# Mullholland Hwy Century..ouch



## endo verendo (Nov 22, 2005)

What a spectacular century yesterday. 106 miles and 8000+ feet of climbing, great support and only $30! It was put on by the fine folks of the Different Spokes bike club and they did a class act job from route marking to food and rest stops. It started in Calabassas and the warm up looped us on Mullholland, Old Topanga, Topanga, through Malibu on PCH and up Malibu Cyn. back to the start for rest stop one. Phew!

From there it was West on Mullholland, up the famous Rock Store climb and out to Decker where we threw ourselves down the incredibly twisty 20% grades on fresh asphalt to Westlake. Then it was past Lake Sherwood and over to Wendy Dr. for lunch. I was already smarting at that point and some people were considering following the metric century loop from there.

But I kept on going with the fast group I hooked up with and we flew down Portrero all the way through the Ventura farmlands to the coast. We pacelined all the way to PCH and down the coast to a rest stop at the bottom of Mullholland Hwy. This was at mile 80 and with sore legs I was looking straight up at a 2500' climb. It hurt, but it was a good hurt and my iPod eased the sting by cranking out some perfect tunes (only in my right ear so I can hear traffic). The reward was miles of fast downhill and a mellow route back to the finish.
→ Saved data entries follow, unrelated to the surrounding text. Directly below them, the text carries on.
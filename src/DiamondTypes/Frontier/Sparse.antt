-- ===== src/DiamondTypes/Frontier/Sparse.antt =====
-- `advance_sparse` of tools/diamond-types/src/frontier.rs.
use egwalker_paper.Base.{
  contains-append, All-append, append-contains, ℕ, suc, ◌-◌, ◌/◌, ◌≤◌, ◌<◌, ◌≡◌, refl, subst, ◌↔◌,
  inl, inr, true, List, [], ◌∷◌, ◌++◌, some, leb, get_elem?, contains, slice_eq, eq_of_slice_eq,
  arith, Bool-cases, All, iff_trans,
}
use egwalker_paper.Base.Panic.{Outcome, done}
use egwalker_paper.OtBench.Frontier.{Frontier, replace_with_1}
use egwalker_paper.OtBench.Frontier.Advance.{IsSorted}
use egwalker_paper.OtBench.Graph.Ancestors.{Anc, self, Anc-le}
use egwalker_paper.DiamondTypes.DtRange.Laws.{upto, contains-upto}
use egwalker_paper.DiamondTypes.RleVec.{usize_max, index}
use egwalker_paper.DiamondTypes.RleVec.Find.{find_packed_lem, index_lem}
use egwalker_paper.DiamondTypes.Graph.{GraphEntryInternal, Graph, entry_key, entry_len, parents_at}
use egwalker_paper.DiamondTypes.Graph.Expand.{expand, span_size}
use egwalker_paper.DiamondTypes.Graph.Runs.{IsDag, Has, dag-IsCausal, Anc-trans}
use egwalker_paper.DiamondTypes.Graph.Tools.Compare.{All-self}
use egwalker_paper.DiamondTypes.Graph.Dominators.Spec.{IsDominators, members-IsDominators}
use egwalker_paper.DiamondTypes.Graph.Dominators.Two.{over-IsDominators, find_dominators_2_lem}
use egwalker_paper.DiamondTypes.Frontier.{
  advance_sparse_known_run, advance_sparse_slow, advance_sparse,
}
use egwalker_paper.DiamondTypes.Frontier.History.{run_part}
use egwalker_paper.DiamondTypes.Frontier.Uncovered.{IsMinimal}
use egwalker_paper.DiamondTypes.Frontier.Round.{last_of, one-IsMinimal}
use egwalker_paper.DiamondTypes.Frontier.RootAdvance.{IsTips, root_advance_lem}

-- The versions of a range.
abbrev pub versions : ℕ → ℕ → List ℕ
versions s t = upto s (t - s)

versions_iff : (s t y : ℕ) → s ≤ t → (contains (versions s t) y ≡ true) ↔ ((s ≤ y) × (y < t))
versions_iff s t y h =
    let c = contains-upto s (t - s) y in
    (λ k. (ground (arith, c, k), ground (arith, c, k)), λ (l, m). ground (arith, c, l, m))

module _ (g : Graph) (hi : ℕ) (dag : IsDag g.entries hi) where
  versions_below : (s t : ℕ) → s ≤ t → t ≤ hi → All (λ v. v < hi) (versions s t)
  versions_below s t h k =
      All-self (λ v. v < hi) (versions s t)
        (λ x c. (let (_, l) = (versions_iff s t x h).0 c in omega arith))

  -- The dominators of a frontier and of the dominators of some versions are those of all of them.
  replace-IsDominators :
      (f vs ds r : List ℕ)
      → All (λ v. v < hi) f
      → All (λ v. v < hi) vs
      → IsDominators (expand g.entries) vs ds
      → IsDominators (expand g.entries) (f ++ ds) r
      → IsDominators (expand g.entries) (f ++ vs) r
  replace-IsDominators f vs ds r hf hv d k =
      members-IsDominators g hi dag (f ++ vs) r (All-append (λ v. v < hi) f vs hf hv) k.sorted (λ y.
        iff_trans (k.members y) (
          λ (c, top). (
            append-contains f vs y (elim (contains-append f ds y c) [
              | inl a ↦ inl a
              | inr a ↦ inr (((d.members y).0 a).0)
            ]),
            λ w e a. elim (contains-append f vs w e) [
              | inl b ↦ top w (append-contains f ds w (inl b)) a
              | inr b ↦
                  let (p, pc, q) = (d.covers w).1 (w, b, self) in
                  let same = top p (append-contains f ds p (inr pc)) (Anc-trans q a) in
                  omega (
                    arith,
                    same,
                    Anc-le (expand g.entries) (dag-IsCausal g.entries hi dag) a,
                    Anc-le (expand g.entries) (dag-IsCausal g.entries hi dag) q,
                  )
            ],
          ),
          λ (c, top). (
            append-contains f ds y (elim (contains-append f vs y c) [
              | inl a ↦ inl a
              | inr a ↦
                  let (p, pc, q) = (d.covers y).1 (y, a, self) in
                  let same = top p (append-contains f vs p (inr (((d.members p).0 pc).0))) q in
                  inr (subst (λ x. contains ds x ≡ true) same pc)
            ]),
            λ w e a. elim (contains-append f ds w e) [
              | inl b ↦ top w (append-contains f vs w (inl b)) a
              | inr b ↦ top w (append-contains f vs w (inr (((d.members w).0 b).0))) a
            ],
          ),
        ))

  module _ (fits : hi ≤ usize_max / 2) (f : Frontier) (below : All (λ v. v < hi) f)
      (sorted : IsSorted f) (minimal : IsMinimal (expand g.entries) f) where
    -- What `f` becomes, advanced by the range from `s` to `t`.
    abbrev pub Sparse : Outcome Frontier → ℕ → ℕ → Type 0
    Sparse o s t =
        (r : Frontier) × (o ≡ done r) × IsDominators (expand g.entries) (f ++ versions s t) r

    module _ (i : ℕ) (e : GraphEntryInternal) (at : get_elem? g.entries i ≡ some e) (s l : ℕ)
        (c : Has e s) (d : Has e l) (m : s ≤ l) (known : suc l ≤ hi) where
      run_over : (w : ℕ) → contains (versions s (suc l)) w ≡ true → Anc (expand g.entries) l w
      run_over w k =
          let (u, v) = (versions_iff s (suc l) w (omega arith)).0 k in
          (run_part g.entries hi dag i e at s l w c d m).1 (inl (u, omega (arith, v)))

      last_in : contains (versions s (suc l)) l ≡ true
      last_in = (versions_iff s (suc l) l (omega arith)).1 (m, omega arith)

      run-IsDominators : IsDominators (expand g.entries) (versions s (suc l)) (l ∷ [])
      run-IsDominators =
          over-IsDominators g hi dag (versions s (suc l)) l
            (versions_below s (suc l) (omega arith) known) last_in run_over

      -- The frontier is the run's parents.
      parents-IsDominators :
          f ≡ parents_at e s → IsDominators (expand g.entries) (f ++ versions s (suc l)) (l ∷ [])
      parents-IsDominators same =
          over-IsDominators g hi dag (f ++ versions s (suc l)) l
            (All-append (λ v. v < hi) f (versions s (suc l)) below
              (versions_below s (suc l) (omega arith) known))
            (append-contains f (versions s (suc l)) l (inr last_in))
            (λ w k. elim (contains-append f (versions s (suc l)) w k) [
              | inl b ↦
                  (run_part g.entries hi dag i e at s l w c d m).1
                    (inr (w, subst (λ vs. contains vs w ≡ true) same b, self))
              | inr b ↦ run_over w b
            ])

      sparse_known_run_lem :
          Sparse
            (advance_sparse_known_run g (parents_at e s) (record { start = s; end = suc l }) f)
            s
            (suc l)
      unfolding advance_sparse_known_run replace_with_1
      sparse_known_run_lem = elim (Bool-cases (slice_eq f (parents_at e s))) [
        | inl t ↦ (
          l ∷ [],
          rw (last_of s l) (rw t refl),
          parents-IsDominators (eq_of_slice_eq f (parents_at e s) t),
        )
        | inr t ↦
            let (r, eq, k) =
              find_dominators_2_lem g hi dag fits f (l ∷ []) below (omega arith, tt) sorted (tt, tt)
                minimal (one-IsMinimal (expand g.entries) l) in
            (
              r,
              rw (last_of s l) (rw t eq),
              replace-IsDominators f (versions s (suc l)) (l ∷ []) r below
                  (versions_below s (suc l) (omega arith) known) run-IsDominators k,
            )
      ]

    tips-IsDominators :
        (s t : ℕ) (r : Frontier)
        → s ≤ t
        → t ≤ hi
        → IsSorted r
        → IsTips g.entries hi dag r s t
        → IsDominators (expand g.entries) (versions s t) r
    tips-IsDominators s t r h k o tips =
        members-IsDominators g hi dag (versions s t) r (versions_below s t h k) o (λ y.
          iff_trans (tips y) (
            λ p. (
              (versions_iff s t y h).1 (p.from, p.before),
              λ w c a. (let (u, v) = (versions_iff s t w h).0 c in p.top w u v a),
            ),
            λ (c, top).
                (let (u, v) = (versions_iff s t y h).0 c in
                  record {
                    from = u;
                    before = v;
                    top = λ w u' v' a. top w ((versions_iff s t w h).1 (u', v')) a;
                  }),
          ))

    sparse_slow_lem :
        (s t : ℕ)
        → s < t
        → t ≤ hi
        → Sparse (advance_sparse_slow g (record { start = s; end = t }) f) s t
    unfolding advance_sparse_slow
    sparse_slow_lem s t l k =
        let (f2, e, o, tips) = root_advance_lem g hi s t dag l k in
        let low : All (λ v. v < hi) f2 =
          All-self (λ v. v < hi) f2 (λ x c. omega (arith, ((tips x).0 c).before)) in
        let d = tips-IsDominators s t f2 (omega arith) k o tips in
        let (r, eq, u) =
          find_dominators_2_lem g hi dag fits f f2 below low sorted o minimal d.minimal in
        (
          r,
          rw e eq,
          replace-IsDominators f (versions s t) f2 r below (versions_below s t (omega arith) k) d u,
        )

    -- In a well-formed graph whose versions are below half the greatest `usize`, `advance_sparse` of a
    -- frontier by a non-empty range of the graph, whose parents need not be in the frontier's history,
    -- returns the frontier of the old versions and the range's that are in the history of no other,
    -- which has the history of all of them.
    pub advance_sparse_lem :
        (s t : ℕ) → s < t → t ≤ hi → Sparse (advance_sparse g (record { start = s; end = t }) f) s t
    unfolding advance_sparse
    advance_sparse_lem s t l k =
        let (i, e, found_it, _, _, at, c) =
          find_packed_lem entry_key entry_len span_size 0 hi g.entries s dag.runs (omega arith)
            (omega arith) in
        let here : index g.entries i ≡ done e = index_lem g.entries i e at in
        elim (Bool-cases (leb t e.span.end)) [
          | inr u ↦
              let (r, eq, d) = sparse_slow_lem s t l k in (r, rw found_it (rw here (rw u eq)), d)
          | inl u ↦
              let z : suc (t - 1) ≡ t = omega arith in
              let last : Has e (t - 1) = (omega (arith, c.0), ground (arith, u, c.0, c.1)) in
              let (r, eq, d) =
                subst
                  (λ n.
                    Sparse
                      (advance_sparse_known_run g (parents_at e s) (record { start = s; end = n })
                        f)
                      s n)
                  z (sparse_known_run_lem i e at s (t - 1) c last (omega arith) (omega arith)) in
              (r, rw found_it (rw here (rw u eq)), d)
        ]
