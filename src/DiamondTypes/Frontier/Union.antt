-- ===== src/DiamondTypes/Frontier/Union.antt =====
-- `merge_union` of tools/diamond-types/src/frontier.rs.
use egwalker_paper.Base.{
  contains-append, All-append, append-contains, ℕ, ◌/◌, ◌≤◌, ◌<◌, ◌≡◌, refl, subst, ==_iff, inl,
  inr, Bool, true, false, [], ◌∷◌, ◌++◌, contains, slice_eq, eq_of_slice_eq, arith, Bool-cases, All,
}
use egwalker_paper.Base.Panic.{done}
use egwalker_paper.OtBench.Frontier.{Frontier}
use egwalker_paper.OtBench.Frontier.Advance.{IsSorted}
use egwalker_paper.OtBench.Graph.Ancestors.{self, AncOf, Anc-le}
use egwalker_paper.DiamondTypes.RleVec.{usize_max}
use egwalker_paper.DiamondTypes.Graph.{Graph}
use egwalker_paper.DiamondTypes.Graph.Expand.{expand}
use egwalker_paper.DiamondTypes.Graph.Runs.{IsDag, Anc-trans, dag-IsCausal}
use egwalker_paper.DiamondTypes.Graph.Tools.Contains.{frontier_contains_version_lem}
use egwalker_paper.DiamondTypes.Graph.Dominators.Spec.{IsDominators, members-IsDominators}
use egwalker_paper.DiamondTypes.Graph.Dominators.Result.{version_union_lem}
use egwalker_paper.DiamondTypes.Frontier.Uncovered.{IsMinimal}
use egwalker_paper.DiamondTypes.Frontier.{is_covered, merge_union}

module _ (g : Graph) (hi : ℕ) (dag : IsDag g.entries hi) where
  -- Versions in a frontier's history add no dominator to it.
  pub covered-IsDominators :
      (f other : Frontier)
      → All (λ v. v < hi) f
      → All (λ v. v < hi) other
      → IsSorted f
      → IsMinimal (expand g.entries) f
      → ((w : ℕ) → contains other w ≡ true → AncOf (expand g.entries) f w)
      → IsDominators (expand g.entries) (f ++ other) f
  covered-IsDominators f other hf ho s m covered =
      let below : (w : ℕ) → contains (f ++ other) w ≡ true → AncOf (expand g.entries) f w =
        λ w c. elim (contains-append f other w c) [ inl d ↦ (w, d, self) | inr d ↦ covered w d ] in
      members-IsDominators g hi dag (f ++ other) f (All-append (λ v. v < hi) f other hf ho) s (λ y.
        (
          λ c. (
            append-contains f other y (inl c),
            λ w d a.
                (let (p, pc, b) = below w d in
                  let same = m p y pc c (Anc-trans b a) in
                  omega (
                    arith,
                    Anc-le (expand g.entries) (dag-IsCausal g.entries hi dag) a,
                    Anc-le (expand g.entries) (dag-IsCausal g.entries hi dag) b,
                    same,
                  )),
          ),
          λ (c, top).
              (let (p, pc, b) = below y c in
                let same = top p (append-contains f other p (inl pc)) b in
                subst (λ x. contains f x ≡ true) same pc),
        ))

  is_covered_lem :
      (other f : Frontier)
      → All (λ v. v < hi) f
      → IsSorted f
      → (b : Bool) × (is_covered g other f ≡ done b)
        × ((b ≡ true) → (w : ℕ) → contains other w ≡ true → AncOf (expand g.entries) f w)
  unfolding is_covered
  is_covered_lem [] f h s = (false, refl, λ t. absurd (ground (arith, t)))
  is_covered_lem (o ∷ p ∷ os) f h s = (false, refl, λ t. absurd (ground (arith, t)))
  is_covered_lem (o ∷ []) f h s =
      let (b, e, answer) = frontier_contains_version_lem g hi f o dag s h in
      (
        b,
        e,
        λ t w c.
            subst (λ x. AncOf (expand g.entries) f x) ((==_iff o w).0 (ground (arith, c)))
              (answer.0 t),
      )

  -- In a well-formed graph whose versions are below half the greatest `usize`, `merge_union` of a
  -- frontier with known versions returns the frontier of those of both that are in the history of no
  -- other, which has the history of both.
  pub merge_union_lem :
      hi ≤ usize_max / 2
      → (f other : Frontier) → All (λ v. v < hi) f
      → All (λ v. v < hi) other
      → IsSorted f
      → IsMinimal (expand g.entries) f
      → (r : Frontier) × (merge_union other g f ≡ done r)
        × IsDominators (expand g.entries) (f ++ other) r
  unfolding merge_union
  merge_union_lem fits f [] hf ho s m =
      (f, refl, covered-IsDominators f [] hf ho s m (λ w c. absurd (ground (arith, c))))
  merge_union_lem fits f (o ∷ os) hf ho s m = elim (Bool-cases (slice_eq (o ∷ os) f)) [
    | inl t ↦
        let same = eq_of_slice_eq (o ∷ os) f t in
        (
          f,
          rw t refl,
          covered-IsDominators f (o ∷ os) hf ho s m
              (λ w c. (w, subst (λ vs. contains vs w ≡ true) same c, self)),
        )
    | inr t ↦
        let (b, e, covered) = is_covered_lem (o ∷ os) f hf s in
        elim (Bool-cases b) [
          | inl u ↦
              (f, rw (t, e) (rw u refl), covered-IsDominators f (o ∷ os) hf ho s m (covered u))
          | inr u ↦
              let (r, eq, k) = version_union_lem g hi dag fits f (o ∷ os) hf ho in
              (r, rw (t, e) (rw u eq), k)
        ]
  ]
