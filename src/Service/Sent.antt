-- ===== src/Service/Sent.antt =====
-- internal/api/httpsrv/handler.go and server.gen.go: what the client of a request is sent, and when.
-- The strict handler writes the response before it returns to the storage middleware.
use identity_api.Common.{
  ℕ, ◌≡◌, ◌∙◌, Bool, true, false, refl, Option, none, some, ◌⊎◌, inl, inr, arith,
}
use identity_api.Types.Errors.{Error, http, external, permission_denied}
use identity_api.Exec.{Result, ok, err, Exec, pure, fail, map_err, branch, Result-cases, ◌>>◌}
use identity_api.Platform.{Platform, IsDocumented}
use identity_api.Storage.{Ctx, with_tx, begin_tx_context, commit_context_tx, rollback_context_tx}
use identity_api.Http.{storage_middleware}
use identity_api.Service.{Request, Response, Outside, serve, handle_request}

-- What has been written to the client: nothing yet, or a response or an error.
abbrev pub Sent : Type 0
Sent = Option (Result Response)

-- The errors of this repository that are not an *echo.HTTPError, errorWithStatus among them.
abbrev pub is_plain : Error → Bool
is_plain (http n) = false
is_plain permission_denied = false
is_plain (external n) = false
is_plain e = true

-- Echo's error handler, given what has been written: it writes nothing behind a response, else the
-- status of an *echo.HTTPError, and 500 for an error that is none.
pub record IsErrorHandler (on_error : Sent → Error → Sent) : Type 0 where
  pub sends : (n : ℕ) → on_error none (http n) ≡ some (err (http n))
  pub sends_plain : (e : Error) → is_plain e ≡ true → on_error none e ≡ some (err (http 500))
  pub sends_other : (e : Error) → (n : ℕ) × (on_error none e ≡ some (err (http n)))
  pub stays : (r : Result Response) (e : Error) → on_error (some r) e ≡ some r

module _ (p : Platform) (on_error : Sent → Error → Sent) where
  -- After `next`: what has been sent, and what the middleware returns.
  unfoldable pub after_next : Ctx → Result Response → p.World → (Sent × Result (Unit {0})) × p.World
  unfolding commit_context_tx rollback_context_tx
  after_next ctx (ok response) w =
      let committed = map_err (λ _. http 502) (commit_context_tx p ctx) w in
      ((some (ok response), committed.0), committed.1)
  after_next ctx (err e) w =
      let rolled_back = branch (rollback_context_tx p ctx) (λ _. fail e) (λ _. fail (http 502)) w in
      ((on_error none e, rolled_back.0), rolled_back.1)

  unfoldable pub after_begin :
      (Ctx → Exec p.World Response) → Result Ctx → p.World → (Sent × Result (Unit {0})) × p.World
  unfolding after_next
  after_begin handler (ok ctx) w = after_next ctx (handler ctx w).0 (handler ctx w).1
  after_begin handler (err e) w = ((none, err (http 502)), w)

  -- What the server does with what the middleware returns.
  unfoldable pub finally : Sent → Result (Unit {0}) → Sent
  finally sent (ok _) = sent
  finally sent (err e) = on_error sent e

  unfoldable pub respond : Outside p → Request → p.World → Sent × p.World
  unfolding begin_tx_context after_begin finally serve
  respond o r w =
      let started = begin_tx_context p w in
      let out = after_begin (λ ctx. serve p o ctx r) started.0 started.1 in
      (finally out.0.0 out.0.1, out.1)

module _ {p : Platform} (d : IsDocumented p) {on_error : Sent → Error → Sent}
    (echo : IsErrorHandler on_error) where
  finally_stays :
      (r : Result Response) (out : Result (Unit {0})) → finally p on_error (some r) out ≡ some r
  unfolding finally
  finally_stays r (ok u) = refl
  finally_stays r (err e) = echo.stays r e

  after_next-sent :
      (ctx : Ctx) (a : Response) (w : p.World)
      → let out = after_next p on_error ctx (ok a) w in
        finally p on_error out.0.0 out.0.1 ≡ some (ok a)
  unfolding after_next
  after_next-sent ctx a w = finally_stays (ok a) _

  after_next-sent_error :
      (ctx : Ctx) (e : Error) (w : p.World)
      → let out = after_next p on_error ctx (err e) w in
        finally p on_error out.0.0 out.0.1 ≡ on_error none e
  unfolding after_next
  after_next-sent_error ctx e w =
      let (n, sent) = echo.sends_other e in rw sent (finally_stays (err (http n)) _)

  -- The storage middleware, read as returning the response, does the same to the world.
  after_next-world :
      (ctx : Ctx) (handler : Ctx → Exec p.World Response) (w : p.World)
      → (after_next p on_error ctx (handler ctx w).0 (handler ctx w).1).1
        ≡ (branch
            (handler ctx)
            (λ response. map_err (λ _. http 502) (commit_context_tx p ctx) >> pure response)
            (λ e. branch (rollback_context_tx p ctx) (λ _. fail e) (λ _. fail (http 502)))
            w).1
  unfolding after_next
  after_next-world ctx handler w = elim (Result-cases (handler ctx w).0) [
    | inl (a, h) ↦
        let commit = commit_context_tx p ctx (handler ctx w).1 in
        elim (Result-cases commit.0) [
          | inl (u, k) ↦ ground (arith, h, k)
          | inr (f, k) ↦ ground (arith, h, k)
        ]
    | inr (e, h) ↦
        let rollback = rollback_context_tx p ctx (handler ctx w).1 in
        elim (Result-cases rollback.0) [
          | inl (u, k) ↦ ground (arith, h, k)
          | inr (f, k) ↦ ground (arith, h, k)
        ]
  ]

  module _ (o : Outside p) (r : Request) (w : p.World) where
    abbrev start : p.World
    start = (p.begin w).1

    abbrev end : p.World
    end = (serve p o with_tx r start).1

    respond-world : (respond p on_error o r w).1 ≡ (handle_request p o r w).1
    unfolding respond handle_request storage_middleware after_begin begin_tx_context
    respond-world = elim (Result-cases (p.begin w).0) [
      | inl (u, b) ↦ ground (arith, b, after_next-world with_tx (λ ctx. serve p o ctx r) start)
      | inr (e, b) ↦ ground (arith, b)
    ]

    -- What a client is sent is settled before the commit. If no transaction can be begun, it is sent a
    -- 502; if one has begun, it is sent the response of the handler, or for an error the status of an
    -- echo error and 500 for an error of this repository that is none, so also for errorWithStatus,
    -- whatever its status. Where the handler answers with a response and the commit fails, the middleware's 502 is not sent: the client has its response,
    -- the committed tables may be either those from before the commit or the transaction's, and the
    -- requests that the permissions API has accepted stay accepted. The world changes as by the
    -- storage middleware around the handler.
    pub respond-sent :
        ((e : Error) → (p.begin w).0 ≡ err e → (respond p on_error o r w).0 ≡ some (err (http 502)))
        × ((p.begin w).0 ≡ ok tt
            → (a : Response) → (serve p o with_tx r start).0 ≡ ok a
            → (respond p on_error o r w).0 ≡ some (ok a))
        × ((p.begin w).0 ≡ ok tt
            → (n : ℕ) → (serve p o with_tx r start).0 ≡ err (http n)
            → (respond p on_error o r w).0 ≡ some (err (http n)))
        × ((p.begin w).0 ≡ ok tt
            → (e : Error) → (serve p o with_tx r start).0 ≡ err e
            → is_plain e ≡ true
            → (respond p on_error o r w).0 ≡ some (err (http 500)))
        × ((a : Response) (e : Error)
            → (p.begin w).0 ≡ ok tt
            → (serve p o with_tx r start).0 ≡ ok a
            → (p.commit end).0 ≡ err e
            → let after = p.view (respond p on_error o r w).1 in
              ((respond p on_error o r w).0 ≡ some (ok a))
              × ((after.committed ≡ (p.view end).committed)
                  ⊎ (after.committed ≡ (p.view end).working))
              × (after.published ≡ (p.view end).published))
        × ((respond p on_error o r w).1 ≡ (handle_request p o r w).1)
    unfolding respond after_begin after_next begin_tx_context commit_context_tx
    respond-sent = (
      λ e b. rw b (echo.sends 502),
      λ b a h. rw (b, h) (after_next-sent with_tx a end),
      λ b n h. rw (b, h) (after_next-sent_error with_tx (http n) end ∙ echo.sends n),
      λ b e h plain. rw (b, h) (after_next-sent_error with_tx e end ∙ echo.sends_plain e plain),
      λ a e b h k.
          let (c, _, q) = d.commit_failed end e k in
          (
            ground (arith, b, h, k, echo.stays (ok a) (http 502)),
            elim c [
              | inl x ↦ inl (ground (arith, b, h, k, x))
              | inr x ↦ inr (ground (arith, b, h, k, x))
            ],
            ground (arith, b, h, k, q),
          ),
      respond-world,
    )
I can't wait to do it again next year... I highly recommend it. :thumbsup:


----------



## -CM- (Jan 6, 2006)

I'm glad to hear you like the course. 

For even more of a challenge, try skipping the Topanga/PCH/Mailibu Cyn loop by turning in Topaga and going up Fernwood to Schuren, then down Piuma. This portion is incredibly scenic and challenging. This is the unofficial Super Hilly version, and it sure makes the last big climb up Mulholland Hwy a real test of your endurance.


----------